怒張が当たるのは特に感じやすい部分ばかりで、可憐な秘口は早くも悦びにわなないていた。
「くっ」
ほっそりした腰を押さえつけ、繰り返しセラフィーナを貫きながら、シルベストルはわずかに眉を寄せた。
「すごいな、セラフィーナ。ここは何度突いてやっても狭いままなのに、淫らに私に絡みついてくる。今にも……持っていかれそうだ」
「おっしゃらないで、そんな――あっ!」
言葉で煽られ、なおいっそう深く抉られて、セラフィーナの白い頬を涙が伝った。シルベストルを心底恨み、そのすべてを拒んでいるのに、どうしようもなく追い上げられていく。
セラフィーナはいつの間にか、自ら広い背中に腕を回して夫を抱き寄せていた。
(チェチーリア姉様! ごめんなさい)
秘裂から淫らな蜜が絶え間なく溢れ、腰が勝手に揺れてしまう。緩急をつけた巧みな抽挿に、ほてった媚肉はあさましいほど反応していた。
与えられる快感をやり過ごそうとしても、セラフィーナにはどうすることもできない。
誰よりも大切な従姉を死に追いやったのは、このシルベストルなのに――。
「嫌ぁ……あん、やぁ、あ」
やがて東の空が白み始めても、二人の交わりは終わらなかった。
猛々しい熱杭は、新妻の身体を容赦なく穿ち続ける。そのくせ頂に届きそうになると、シルベストルはわざと的を外したり、意地悪く間を置いたりした。

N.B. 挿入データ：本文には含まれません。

-- ===== src/Store/Events/Order.antt =====
-- src/state/state_store.cpp: the sequence numbers of the events of a run, and what `events_after`
-- reads.
use mathlib.Core.List.{append-nil}
use runi.Prelude.{
  ℕ, zero, suc, ◌+◌, ◌-◌, ◌<◌, max, ◌≡◌, refl, sym, ap, ◌∙◌, true, false, ◌&&◌, not, List, [], ◌∷◌,
  ◌++◌, map, Bytes, bytes, eq_bytes, eq_bytes_iff, mem, arith, length, drop, Bool-cases, ◌⊎◌, inl,
  inr, if◌then◌else◌, ltb, leb,
}
use runi.Error.{Result, success, Result-cases}
use runi.Store.Engine.{works, Engine, statement, execute}
use runi.Store.Events.{
  EventRow, RuntimeEvent, last_sequence, insert_event, has_event, event_row, appended, append_event,
  read_event, events_of, insert_in_order, in_order, events_after,
}

-- The rows have the numbers after `n`, one after the other.
abbrev pub Numbered : ℕ → List EventRow → Type 0
Numbered n [] = Unit {0}
Numbered n (row ∷ rows) = (row.sequence ≡ suc n) × Numbered (suc n) rows

-- The rows of a run, in the order in which they were appended.
unfoldable pub of_run : Bytes → List EventRow → List EventRow
of_run run_id [] = []
of_run run_id (row ∷ rows) =
    let rest = of_run run_id rows in if eq_bytes row.run_id run_id then row ∷ rest else rest

last_of : List EventRow → ℕ
last_of [] = 0
last_of (row ∷ rows) = max row.sequence (last_of rows)

last_sequence-of_run :
    (run_id : Bytes) (rows : List EventRow)
    → last_sequence run_id rows ≡ last_of (of_run run_id rows)
unfolding last_sequence of_run last_of
last_sequence-of_run run_id [] = refl
last_sequence-of_run run_id (row ∷ rows) = elim (Bool-cases (eq_bytes row.run_id run_id)) [
  | inl e ↦ rw (e, last_sequence-of_run run_id rows) refl
  | inr e ↦ rw (e, last_sequence-of_run run_id rows) refl
]

last_of-Numbered :
    (n : ℕ) (rows : List EventRow)
    → Numbered n rows
    → 0 < length rows
    → last_of rows ≡ n + length rows
unfolding last_of
last_of-Numbered n [] v p = absurd (omega arith)
last_of-Numbered n (row ∷ []) v p = omega (arith, v.0)
last_of-Numbered n (row ∷ next ∷ rows) v p =
    omega (arith, v.0, last_of-Numbered (suc n) (next ∷ rows) v.1 (omega arith))

last_of_all : (rows : List EventRow) → Numbered 0 rows → last_of rows ≡ length rows
unfolding last_of
last_of_all [] v = refl
last_of_all (row ∷ rows) v = omega (arith, last_of-Numbered 0 (row ∷ rows) v (omega arith))

Numbered-append :
    (n : ℕ) (rows : List EventRow) (row : EventRow)
    → Numbered n rows
    → row.sequence ≡ suc (n + length rows)
    → Numbered n (rows ++ row ∷ [])
Numbered-append n [] row v e = (omega (arith, e), tt)
Numbered-append n (first ∷ rows) row v e =
    (v.0, Numbered-append (suc n) rows row v.1 (omega (arith, e)))

of_run-append :
    (run_id : Bytes) (rows : List EventRow) (row : EventRow)
    → of_run run_id (rows ++ row ∷ [])
      ≡ of_run run_id rows ++ (if eq_bytes row.run_id run_id then row ∷ [] else [])
unfolding of_run
of_run-append run_id [] row = refl
of_run-append run_id (first ∷ rows) row = elim (Bool-cases (eq_bytes first.run_id run_id)) [
  | inl e ↦ rw (e, of_run-append run_id rows row) refl
  | inr e ↦ rw (e, of_run-append run_id rows row) refl
]

-- A call of `append_event`: the engine, the ids of the runs, and its arguments.
pub record Append (J : Type 0) : Type 0 where
  pub engine : Engine
  pub run_ids : List Bytes
  pub run_id : Bytes
  pub event_type : Bytes
  pub payload : J
  pub now : Bytes

module _ {J : Type 0} (dump : J → Bytes) where
  abbrev pub append : Append J → List EventRow → List EventRow × Result (RuntimeEvent J)
  append a rows = append_event dump a.engine a.run_ids a.run_id a.event_type a.payload a.now rows

  unfoldable pub appends : List (Append J) → List EventRow → List EventRow
  appends [] rows = rows
  appends (a ∷ calls) rows = appends calls (append a rows).0

  abbrev new_event : Append J → List EventRow → EventRow
  new_event a rows =
      event_row a.run_id (last_sequence a.run_id rows + 1) a.event_type (dump a.payload) a.now

  insert_event_rows :
      (engine : Engine) (run_ids : List Bytes) (row : EventRow) (rows inserted : List EventRow)
      → insert_event engine run_ids row rows ≡ success inserted
      → inserted ≡ rows ++ row ∷ []
  unfolding insert_event
  insert_event_rows engine run_ids row rows inserted h =
      elim (Result-cases (
        statement (engine.fault 2) (bytes "event_append_failed")
          (bytes "Could not append runtime event"))) [
            | inr (e, f) ↦ absurd (cc (rw (f, insert_event) at h))
            | inl (a, f) ↦
                elim (Bool-cases
                  (mem row.run_id run_ids && not (has_event row.run_id row.sequence rows))) [
                    | inr n ↦ absurd (cc (rw (f, n, insert_event) at h))
                    | inl y ↦ elim (Result-cases (execute (engine.fault 3))) [
                      | inr (e, k) ↦ absurd (cc (rw (f, y, k, insert_event) at h))
                      | inl (c, k) ↦ cc (rw (f, y, k, insert_event) at h)
                    ]
                  ]
          ]

  append_rows :
      (a : Append J) (rows : List EventRow)
      → ((append a rows).0 ≡ rows) ⊎ ((append a rows).0 ≡ rows ++ new_event a rows ∷ [])
  unfolding append_event appended
  append_rows a rows = elim (Result-cases (execute (a.engine.fault 0))) [
    | inr (e, f) ↦ inl (rw (f, append_event) refl)
    | inl (b, f) ↦
        elim (Result-cases (
          statement (a.engine.fault 1) (bytes "event_sequence_failed")
            (bytes "Could not allocate runtime event sequence"))) [
              | inr (e, g) ↦ inl (rw (f, g, append_event) refl)
              | inl (c, g) ↦
                  elim (Result-cases (insert_event a.engine a.run_ids (new_event a rows) rows)) [
                    | inr (e, k) ↦ inl (rw (f, g, k, append_event) refl)
                    | inl (inserted, k) ↦ inr (
                        rw (f, g, k, append_event)
                          (insert_event_rows a.engine a.run_ids (new_event a rows) rows inserted k))
                  ]
            ]
  ]

  append-Numbered :
      (run_id : Bytes) (a : Append J) (rows : List EventRow)
      → Numbered 0 (of_run run_id rows)
      → Numbered 0 (of_run run_id (append a rows).0)
  append-Numbered run_id a rows v = elim (append_rows a rows) [
    | inl unchanged ↦ rw unchanged v
    | inr added ↦ rw (added, of_run-append run_id rows (new_event a rows)) (next run_id v)
  ]
    where
      next :
          (run_id : Bytes)
          → Numbered 0 (of_run run_id rows)
          → Numbered 0 (
              of_run run_id rows
              ++ (if eq_bytes a.run_id run_id then new_event a rows ∷ [] else []))
      next run_id v = elim (Bool-cases (eq_bytes a.run_id run_id)) [
        | inl e ↦ rw e (
            Numbered-append 0 (of_run run_id rows) (new_event a rows) v (
              omega (
                arith,
                ap (λ r. last_sequence r rows) ((eq_bytes_iff a.run_id run_id).0 e),
                last_sequence-of_run run_id rows,
                last_of_all (of_run run_id rows) v,
              )))
        | inr e ↦ rw (e, append-nil (of_run run_id rows)) v
      ]

  -- Whatever calls of `append_event` are made, for whichever runs and with whatever failures, the
  -- events of a run, in the order of their appending, have the sequence numbers 1, 2, 3 and so on.
  pub appends-Numbered :
      (run_id : Bytes) (calls : List (Append J)) → Numbered 0 (of_run run_id (appends calls []))
  unfolding appends of_run
  appends-Numbered run_id calls = from calls [] tt
    where
      from :
          (calls : List (Append J)) (rows : List EventRow)
          → Numbered 0 (of_run run_id rows)
          → Numbered 0 (of_run run_id (appends calls rows))
      from [] rows v = v
      from (a ∷ calls) rows v = from calls (append a rows).0 (append-Numbered run_id a rows v)

above : ℕ → List EventRow → List EventRow
above n [] = []
above n (row ∷ rows) = if ltb n row.sequence then row ∷ above n rows else above n rows

events_of-of_run :
    (run_id : Bytes) (n : ℕ) (rows : List EventRow)
    → events_of run_id n rows ≡ above n (of_run run_id rows)
unfolding events_of of_run above
events_of-of_run run_id n [] = refl
events_of-of_run run_id n (row ∷ rows) = elim (Bool-cases (eq_bytes row.run_id run_id)) [
  | inl e ↦ rw (e, events_of-of_run run_id n rows) refl
  | inr e ↦ rw (e, events_of-of_run run_id n rows) refl
]

above-Numbered :
    (m n : ℕ) (rows : List EventRow) → Numbered m rows → above n rows ≡ drop (n - m) rows
unfolding above
above-Numbered m n [] v = sym (drop_nil (n - m))
  where
    no_rows : List EventRow
    no_rows = []

    drop_nil : (k : ℕ) → drop k no_rows ≡ no_rows
    drop_nil zero = refl
    drop_nil (suc k) = refl
above-Numbered m n (row ∷ rows) (at, v) = elim (Bool-cases (ltb n row.sequence)) [
  | inl e ↦
      let none_left : n - m ≡ 0 = ground (arith, at) in
      let none_after : n - suc m ≡ 0 = ground (arith, at) in
      rw (e, none_left)
        (ap (◌∷◌ row) (above-Numbered (suc m) n rows v ∙ ap (λ k. drop k rows) none_after))
  | inr e ↦
      let one_more : n - m ≡ suc (n - suc m) = ground (arith, at) in
      rw (e, one_more) (above-Numbered (suc m) n rows v)
]

drop-Numbered :
    (m k : ℕ) (rows : List EventRow) → Numbered m rows → (j : ℕ) × Numbered j (drop k rows)
drop-Numbered m zero rows v = (m, v)
drop-Numbered m (suc k) [] v = (m, tt)
drop-Numbered m (suc k) (row ∷ rows) v = drop-Numbered (suc m) k rows v.1

in_order-Numbered : (m : ℕ) (rows : List EventRow) → Numbered m rows → in_order rows ≡ rows
unfolding in_order insert_in_order
in_order-Numbered m [] v = refl
in_order-Numbered m (row ∷ []) v = refl
in_order-Numbered m (row ∷ next ∷ rows) (at, v) =
    let below : leb row.sequence next.sequence ≡ true = ground (arith, at, v.0) in
    ap (insert_in_order row) (in_order-Numbered (suc m) (next ∷ rows) v) ∙ rw below refl

-- After any calls of `append_event`, `events_after` gives exactly the events of the run that come
-- after the first `n`, in the order of their appending: a reader that passes the number of events
-- it has seen misses none and sees none twice.
pub events_after-appends :
    {J : Type 0} (dump : J → Bytes) (parse : Bytes → J) (calls : List (Append J)) (engine : Engine)
    (run_id : Bytes) (n : ℕ)
    → engine.fault 0 ≡ works
    → events_after parse engine run_id n (appends dump calls [])
      ≡ success (map (read_event parse) (drop n (of_run run_id (appends dump calls []))))
unfolding events_after statement
events_after-appends dump parse calls engine run_id n w =
    rw w (ap (λ rows. success (map (read_event parse) rows)) ordered)
  where
    less_zero : n - 0 ≡ n
    less_zero = omega arith

    ordered :
        in_order (events_of run_id n (appends dump calls []))
        ≡ drop n (of_run run_id (appends dump calls []))
    ordered =
        let v = appends-Numbered dump run_id calls in
        ap in_order (
          events_of-of_run run_id n (appends dump calls [])
          ∙ (above-Numbered 0 n (of_run run_id (appends dump calls [])) v
              ∙ ap (λ k. drop k (of_run run_id (appends dump calls []))) less_zero))
        ∙ in_order-Numbered (drop-Numbered 0 n (of_run run_id (appends dump calls [])) v).0
            (drop n (of_run run_id (appends dump calls [])))
            (drop-Numbered 0 n (of_run run_id (appends dump calls [])) v).1

fresh_number :
    (run_id : Bytes) (n : ℕ) (rows : List EventRow)
    → last_sequence run_id rows < n
    → has_event run_id n rows ≡ false
unfolding has_event last_sequence
fresh_number run_id n [] h = refl
fresh_number run_id n (row ∷ rows) h = elim (Bool-cases (eq_bytes row.run_id run_id)) [
  | inl e ↦
      let below : max row.sequence (last_sequence run_id rows) < n = rw e at h in
      rw (e, fresh_number run_id n rows (omega (arith, below))) (ground (arith, below))
  | inr e ↦ rw (e, fresh_number run_id n rows (rw e at h)) refl
]

-- After any calls of `append_event`, one more for a run that exists, with statements that work,
-- succeeds; the event that it returns has the number after those of the run's events, and only its
-- row is added.
pub append_event-appends :
    {J : Type 0} (dump : J → Bytes) (calls : List (Append J)) (a : Append J)
    → ((n : ℕ) → a.engine.fault n ≡ works)
    → mem a.run_id a.run_ids ≡ true
    → (event : RuntimeEvent J) × (append_event dump a.engine a.run_ids a.run_id a.event_type
          a.payload a.now
          (appends dump calls [])
        ≡ (
          appends dump calls []
              ++ event_row a.run_id event.sequence a.event_type (dump a.payload) a.now ∷ [],
          success event,
        ))
      × (event.sequence ≡ suc (length (of_run a.run_id (appends dump calls []))))
      × (event.payload ≡ a.payload)
unfolding append_event insert_event appended statement execute
append_event-appends dump calls a w known =
    let rows = appends dump calls [] in
    let number = last_sequence a.run_id rows + 1 in
    (
      record {
        run_id = a.run_id;
        sequence = number;
        event_type = a.event_type;
        payload = a.payload;
        created_at = a.now;
      },
      rw (w 0, w 1, w 2, known, fresh_number a.run_id number rows (omega arith), w 3) refl,
      omega (
        arith,
        last_sequence-of_run a.run_id rows,
        last_of_all (of_run a.run_id rows) (appends-Numbered dump a.run_id calls),
      ),
      refl,
    )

そのせいで極めることも、われを失うこともできず、甘い地獄から抜け出せない。
セラフィーナは涙ぐみ、上気した肢体をくねらせた。
「お願い……です。も、もう……もう、許し、て」
「私を殺めたいのだろう、セラフィーナ?」
桜色に染まった右の耳朶を甘噛みし、シルベストルは薄く笑った。
「だが……教えたはずだ。この身を傷つけるには、私の精を存分に受け入れなければならないと。これからも毎夜、幾度となく」
ふいに右脚を抱え上げられ、シルベストルの肩の上にのせられた。そのせいで完全に腰が浮いたところに、深々と剛直を突き入れられる。
「ひっ!」
「しっかり受け止めるがいい」
息継ぎする間もなく、荒々しく抜き差しされて、セラフィーナは全身を震わせた。
「やぁっ!」
蜜壷の最奥で、シルベストルの白濁が飛び散る。
とうに限界を超えていたセラフィーナは抗うすべもなく、恍惚の高波にさらわれていった。